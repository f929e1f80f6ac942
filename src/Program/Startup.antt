-- ===== src/Program/Startup.antt =====
-- cmd/tracearr/main.go: the state in which the process begins to serve.
use tracearr.Prelude.{
  true, false, String, List, [], ◌∷◌, ◌++◌, Option, ◌⊎◌, inl, inr, ◌==◌, string_eq, ◌≡◌, refl, sym,
  ap, ◌∙◌, Bool, subst, arith, Bool-cases, Sum-cases, if◌then◌else◌,
}
use tracearr.Prelude.Lists.{All, is_empty}
use tracearr.Config.{Config, AppSource, LoadError}
use tracearr.Store.Memory
use tracearr.Store.Memory.{memory_store}
use tracearr.Store.Memory.Records.{memory_store-KeyLaws}
use tracearr.Store.Disk.Buckets.{Bolt}
use tracearr.Store.Bolt.{bolt_store, open_bolt_store}
use tracearr.Store.Bolt.Records.{bolt_store-KeyLaws}
use tracearr.Store.Bolt.Opened.{opened-IsKeyed}
use tracearr.Engine.Calls.{Builder}
use tracearr.Engine.State.{new}
use tracearr.Engine.Restart.{restore-Sound}
use tracearr.Engine.Runs.{Sound}
use tracearr.Exporter.{System, new_provider}
use tracearr.Metrics.{Metrics}
use tracearr.Receiver.Routes.{new_server, set_metrics, set_scrape_handler}
use tracearr.Pollers.Loops.{new_queue_poller, new_prowlarr_poller}
use tracearr.Program.{
  exporter_config, receiver_of, Running, on_memory, on_bolt, Poller, queue, prowlarr, Started,
  start, restore_running, open_engine, pollers_of, polls, dedup_ttl, recall_ttl, lookback,
}

-- The engine's invariants, over the store that it has.
abbrev pub RunningSound : {D : Bolt} → Builder → Running D → Type 0
RunningSound B (on_memory e) = Sound B (memory_store-KeyLaws.0) e
RunningSound {D} B (on_bolt e) = Sound B ((bolt_store-KeyLaws D).0) e

-- The engine is the one over the Bolt store.
abbrev pub is_on_bolt : {D : Bolt} → Running D → Bool
is_on_bolt (on_memory e) = false
is_on_bolt (on_bolt e) = true

-- A poller has a URL and a key.
abbrev pub HasKey : Poller → Type 0
HasKey (queue p) = ((p.base_url == "") ≡ false) × (is_empty p.api_key ≡ false)
HasKey (prowlarr p) = ((p.base_url == "") ≡ false) × (is_empty p.api_key ≡ false)

All-append : (ps qs : List Poller) → All HasKey ps → All HasKey qs → All HasKey (ps ++ qs)
All-append [] qs hp hq = hq
All-append (p ∷ ps) qs hp hq = (hp.0, All-append ps qs hp.1 hq)

polls-All :
    (app : AppSource) (p : Poller)
    → (polls app ≡ true → HasKey p)
    → All HasKey (if polls app then p ∷ [] else [])
polls-All app p h = elim (Bool-cases (polls app)) [
  | inl polled ↦ rw polled (h polled, tt)
  | inr idle ↦ rw idle tt
]

polled :
    (app : AppSource)
    → polls app ≡ true
    → ((app.base_url == "") ≡ false) × (is_empty app.api_key ≡ false)
unfolding polls
polled app h = (ground (arith, h), ground (arith, h))

pollers_of-All : (cfg : Config) → All HasKey (pollers_of cfg)
unfolding pollers_of new_queue_poller new_prowlarr_poller
pollers_of-All cfg =
    let src = cfg.sources in
    All-append _ _
      (All-append _ _
        (polls-All src.sonarr
          (queue (
            new_queue_poller "sonarr" src.sonarr.base_url src.sonarr.api_key
              src.sonarr.queue_poll_interval))
          (polled src.sonarr))
        (polls-All src.radarr
          (queue (
            new_queue_poller "radarr" src.radarr.base_url src.radarr.api_key
              src.radarr.queue_poll_interval))
          (polled src.radarr)))
      (polls-All src.prowlarr
        (prowlarr (
          new_prowlarr_poller src.prowlarr.base_url src.prowlarr.api_key
            src.prowlarr.history_poll_interval))
        (polled src.prowlarr))

module _ {D : Bolt} (B : Builder) where
  open_engine-RunningSound :
      (cfg : Config) (file : Option D.Db) (r : Running D)
      → open_engine cfg file ≡ inr r
      → RunningSound B (restore_running r)
  unfolding open_engine restore_running
  open_engine-RunningSound cfg file r h =
      let ttl = lookback cfg.correlation.download_lookback in
      let L = (bolt_store-KeyLaws D).0 in
      elim (Bool-cases (cfg.storage.backend == "bolt")) [
        | inl bolt ↦ elim (Sum-cases (open_bolt_store {D = D} file dedup_ttl recall_ttl)) [
          | inl (e, failed) ↦ absurd (ground (arith, h, bolt, failed))
          | inr (s, opened) ↦
              let wf : L.Wf s =
                subst (λ (X : Type 0). X) (sym ((bolt_store-KeyLaws D).1 s))
                  (opened-IsKeyed file dedup_ttl recall_ttl s opened) in
              let same : on_bolt (new {S = bolt_store D} s ttl) ≡ r =
                ground (arith, h, bolt, opened) in
              subst (λ (x : Running D). RunningSound B (restore_running x)) same
                (restore-Sound L B s ttl wf)
        ]
        | inr memory ↦
            let fresh = Memory.new dedup_ttl recall_ttl in
            let same : on_memory (new {S = memory_store} fresh ttl) ≡ r =
              ground (arith, h, memory) in
            subst (λ (x : Running D). RunningSound B (restore_running x)) same
              (restore-Sound (memory_store-KeyLaws.0) B fresh ttl
                (memory_store-KeyLaws.1 dedup_ttl recall_ttl))
      ]

  open_engine-backend :
      (cfg : Config) (file : Option D.Db) (r : Running D)
      → open_engine cfg file ≡ inr r
      → is_on_bolt (restore_running r) ≡ (cfg.storage.backend == "bolt")
  unfolding open_engine restore_running
  open_engine-backend cfg file r h =
      let ttl = lookback cfg.correlation.download_lookback in
      elim (Bool-cases (cfg.storage.backend == "bolt")) [
        | inl bolt ↦ elim (Sum-cases (open_bolt_store {D = D} file dedup_ttl recall_ttl)) [
          | inl (e, failed) ↦ absurd (ground (arith, h, bolt, failed))
          | inr (s, opened) ↦
              let same : on_bolt (new {S = bolt_store D} s ttl) ≡ r =
                ground (arith, h, bolt, opened) in
              subst
                (λ (x : Running D).
                  is_on_bolt (restore_running x) ≡ (cfg.storage.backend == "bolt"))
                same (sym bolt)
        ]
        | inr memory ↦
            let same : on_memory (new {S = memory_store} (Memory.new dedup_ttl recall_ttl) ttl)
                ≡ r =
              ground (arith, h, memory) in
            subst
              (λ (x : Running D). is_on_bolt (restore_running x) ≡ (cfg.storage.backend == "bolt"))
              same (sym memory)
      ]

-- Where the process begins to serve, whatever stands in its database: the settings were loaded, the
-- exporter was set up from them, the engine is over the Bolt store exactly if the settings' backend is
-- "bolt" and otherwise over the memory store, its invariants hold over that store once it has restored,
-- each poller that runs has a URL and a key, and the receiver has the settings' sources.
pub start-RunningSound :
    {D : Bolt} (B : Builder) (sys : System) (version : String) (settings : LoadError ⊎ Config)
    (made : Option Metrics) (file : Option D.Db) (p : Started D)
    → start sys version settings made file ≡ inr p
    → ((cfg : Config) × (settings ≡ inr cfg)
        × (new_provider sys (exporter_config version cfg) ≡ inr p.provider)
        × (p.server.sources ≡ cfg.sources)
        × (is_on_bolt p.engine ≡ (cfg.storage.backend == "bolt")))
      × RunningSound B p.engine
      × All HasKey p.pollers
unfolding start receiver_of new_server set_metrics set_scrape_handler
start-RunningSound B sys version (inl e) made file p h = absurd (cc h)
start-RunningSound {D} B sys version (inr cfg) made file p h =
    elim (Sum-cases (new_provider sys (exporter_config version cfg))) [
      | inl (e, refused) ↦ absurd (ground (arith, h, refused))
      | inr (provider, exports) ↦ elim (Sum-cases (open_engine {D = D} cfg file)) [
        | inl (e, failed) ↦ absurd (ground (arith, h, exports, failed))
        | inr (engine, opened) ↦
            let same : p.engine ≡ restore_running engine = ground (arith, h, exports, opened) in
            let listed : p.pollers ≡ pollers_of cfg = ground (arith, h, exports, opened) in
            (
              (
                cfg,
                refl,
                ground (arith, h, exports, opened),
                ground (arith, h, exports, opened),
                ap is_on_bolt same ∙ open_engine-backend B cfg file engine opened,
              ),
              subst (λ (x : Running D). RunningSound B x) (sym same)
                  (open_engine-RunningSound B cfg file engine opened),
              subst (λ (x : List Poller). All HasKey x) (sym listed) (pollers_of-All cfg),
            )
      ]
    ]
□ □ □
■ TASK GOAL: Within the data above, pick out all lines holding the word "String".

■ TASK RESULT:
  true, false, String, List, [], ◌∷◌, ◌++◌, Option, ◌⊎◌, inl, inr, ◌==◌, string_eq, ◌≡◌, refl, sym,
    {D : Bolt} (B : Builder) (sys : System) (version : String) (settings : LoadError ⊎ Config)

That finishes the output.